At times during the program, the inside and outside worlds converged, and in those sacred moments the passion and hope of so many of us for “The Future We Want To See” (an official theme of the events) was delivered to U.N. decision makers.
Seventeen-year-old Brittany Trilford opened the proceedings with a powerful speech sharing her concern for future generations, and asking the bold question to officials: “Are you here to save face, or are you here to save us?”
And representatives of more than 500 groups of indigenous peoples from Brazil and around the world gathered, as they had 20 years before, at sacred lands near Rio and crafted the incredible Kari-Oca 2 Declaration, which they delivered to the U.N. In it, they eloquently synthesized concerns I, too, share about the direction of U.N. policies addressing the future of our planet.
You see, I was blessed to be there in Rio twenty years ago, and again ten years back in Johannesburg at Rio+10. At first, much of the U.N. language seemed inspiring, filled with promises and spirited commitments. But during the past twenty years, as the words took form and policy became practice, I’ve become all too familiar with that uncomfortable and confusing feeling in my body one feels when experiencing equal measure of despair and possibility, hope and fear.
Because while sustainability sounds good on paper, the version of it that was codified and subsequently commodified didn’t ever seem to square with the original vision, which was crafted to protect and uphold life on the planet.
Huge challenges are at hand now as we determine just what indeed “sustainability” even means, and what mathematics can possibly marry an accounting of the emerging so-called “green economy” with the invaluable currency that we call life—healthy food, safe water, clean ai, and rights for all beings on the planet.

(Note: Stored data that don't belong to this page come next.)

-- ===== src/Python/Decimal.antt =====
-- str(n) of a natural number, and int(s) of an ASCII text.
use ecu_telemetry.Prelude.{
  ℕ, zero, suc, ◌+◌, ◌-◌, ◌*◌, ◌/◌, ◌%◌, ◌≤◌, ◌<◌, ◌≡◌, refl, ap, Bool, true, false, ◌&&◌, Option,
  none, some, [], ◌∷◌, ◌++◌, arith, ltb, leb, ◌==◌, Bool-cases, inl, inr, if◌then◌else◌, All,
  All-append, length, length-append,
}
use ecu_telemetry.Python.Text.{Text, strip, strip-ink, IsInk}

pub data ℤ : Type 0 where
  pos negsuc : ℕ → ℤ

-- The decimal digits, on fuel above the number.
str_loop : ℕ → ℕ → Text
str_loop zero n = []
str_loop (suc f) n =
    let more = str_loop f (n / 10) in
    if ltb n 10 then (48 + n) ∷ [] else more ++ ((48 + n % 10) ∷ [])

unfoldable pub str_int : ℕ → Text
unfolding str_loop
str_int n = str_loop (suc n) n

is_digit : ℕ → Bool
is_digit c = leb 48 c && leb c 57

-- Digits with single underscores between them; `after` says that a digit stands before.
int_digits : Bool → ℕ → Text → Option ℕ
unfolding is_digit
int_digits after acc [] = if after then some acc else none
int_digits after acc (c ∷ s) =
    let digit = int_digits true (acc * 10 + (c - 48)) s in
    let gap = int_digits false acc s in
    if is_digit c then digit else if c == b'_' && after then gap else none

negate : ℕ → ℤ
negate zero = pos 0
negate (suc n) = negsuc n

signed : (ℕ → ℤ) → Option ℕ → Option ℤ
signed f none = none
signed f (some n) = some (f n)

int_signed : Text → Option ℤ
unfolding signed negate int_digits
int_signed [] = none
int_signed (c ∷ s) =
    if c == b'-'
    then signed negate (int_digits false 0 s)
    else if c == b'+'
    then signed pos (int_digits false 0 s)
    else signed pos (int_digits false 0 (c ∷ s))

-- int(s); `none` is ValueError.
unfoldable pub int_parse : Text → Option ℤ
unfolding int_signed
int_parse s = int_signed (strip s)

-- A decimal digit's code.
abbrev pub IsDigit : ℕ → Type 0
IsDigit c = (48 ≤ c) × (c ≤ 57)

-- The number that digits stand for, after what is accumulated.
dec : ℕ → Text → ℕ
dec acc [] = acc
dec acc (c ∷ s) = dec (acc * 10 + (c - 48)) s

dec-append : (acc : ℕ) (s : Text) (c : ℕ) → dec acc (s ++ (c ∷ [])) ≡ dec acc s * 10 + (c - 48)
unfolding dec
dec-append acc [] c = refl
dec-append acc (x ∷ s) c = dec-append (acc * 10 + (x - 48)) s c

int_digits-dec : (acc : ℕ) (s : Text) → All IsDigit s → int_digits true acc s ≡ some (dec acc s)
unfolding int_digits dec
int_digits-dec acc [] h = refl
int_digits-dec acc (c ∷ s) (h, hs) = ground (arith, int_digits-dec (acc * 10 + (c - 48)) s hs)

str_loop-IsDigit : (f n : ℕ) → All IsDigit (str_loop f n)
unfolding str_loop
str_loop-IsDigit zero n = tt
str_loop-IsDigit (suc f) n = elim (Bool-cases (ltb n 10)) [
  | inl small ↦ rw small ((omega arith, ground arith), tt)
  | inr big ↦ rw big (
      All-append IsDigit (str_loop f (n / 10)) ((48 + n % 10) ∷ []) (str_loop-IsDigit f (n / 10))
        ((omega arith, omega arith), tt))
]

dec-str_loop : (f n : ℕ) → n < f → dec 0 (str_loop f n) ≡ n
unfolding str_loop dec
dec-str_loop zero n h = absurd (omega arith)
dec-str_loop (suc f) n h =
    ground (arith, dec-append 0 (str_loop f (n / 10)) (48 + n % 10), dec-str_loop f (n / 10))

str_loop-pos : (f n : ℕ) → 0 < length (str_loop (suc f) n)
unfolding str_loop
str_loop-pos f n = ground (arith, length-append (str_loop f (n / 10)) ((48 + n % 10) ∷ []))

int_signed-digits : (s : Text) → All IsDigit s → 0 < length s → int_signed s ≡ some (pos (dec 0 s))
unfolding int_signed dec
int_signed-digits [] h l = absurd (omega arith)
int_signed-digits (c ∷ s) (h, hs) l = ground (arith, int_digits-dec (0 * 10 + (c - 48)) s hs)

digits-IsInk : (s : Text) → All IsDigit s → All IsInk s
digits-IsInk [] h = tt
digits-IsInk (c ∷ s) (h, hs) = (omega arith, digits-IsInk s hs)

pub str_int-IsDigit : (n : ℕ) → All IsDigit (str_int n)
unfolding str_int
str_int-IsDigit n = str_loop-IsDigit (suc n) n

-- int(str(n)) is n.
pub int_parse-str_int : (n : ℕ) → int_parse (str_int n) ≡ some (pos n)
unfolding int_parse str_int
int_parse-str_int n =
    let s = str_loop (suc n) n in
    let d = str_loop-IsDigit (suc n) n in
    rw (strip-ink s (digits-IsInk s d), int_signed-digits s d (str_loop-pos n n))
      (ap (λ (k : ℕ). some (pos k)) (dec-str_loop (suc n) n (omega arith)))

As the Indigenous Peoples put it in the Kari-Oca 2 Declaration:
We see the goals of UNCSD Rio+20, the “Green Economy” and its premise that the world can only “save” nature by commodifying its life giving and life sustaining capacities as a continuation of the colonialism that Indigenous Peoples and our Mother Earth have faced and resisted for 520 years. The “Green Economy” promises to eradicate poverty but in fact will only favor and respond to multinational enterprises and capitalism.
and
The Green Economy is nothing more than capitalism of nature; a perverse attempt by corporations, extractive industries and governments to cash in on Creation by privatizing, commodifying, and selling off the Sacred and all forms of life and the sky, including the air we breathe, the water we drink and all the genes, plants, traditional seeds, trees, animals, fish, biological and cultural diversity, ecosystems and traditional knowledge that make life on Earth possible and enjoyable.
Ultimately I believe in the wonder and resilience of civil society. I feel that the future will be shaped profoundly by our willingness to cooperate and learn from one another, and implement on regional scales the solutions we are sharing. Despite what happened (or didn’t happen) on the inside in Rio, all ya’all on the outside give me great hope. It doesn’t mean I’ll stop letting go of attachment to outcome (constantly), for the planet’s prognosis calls for it. Still, this day I raise a glass of fresh-pressed green juice to all who attended Rio+20. Cheers, and thanks for the inspiration!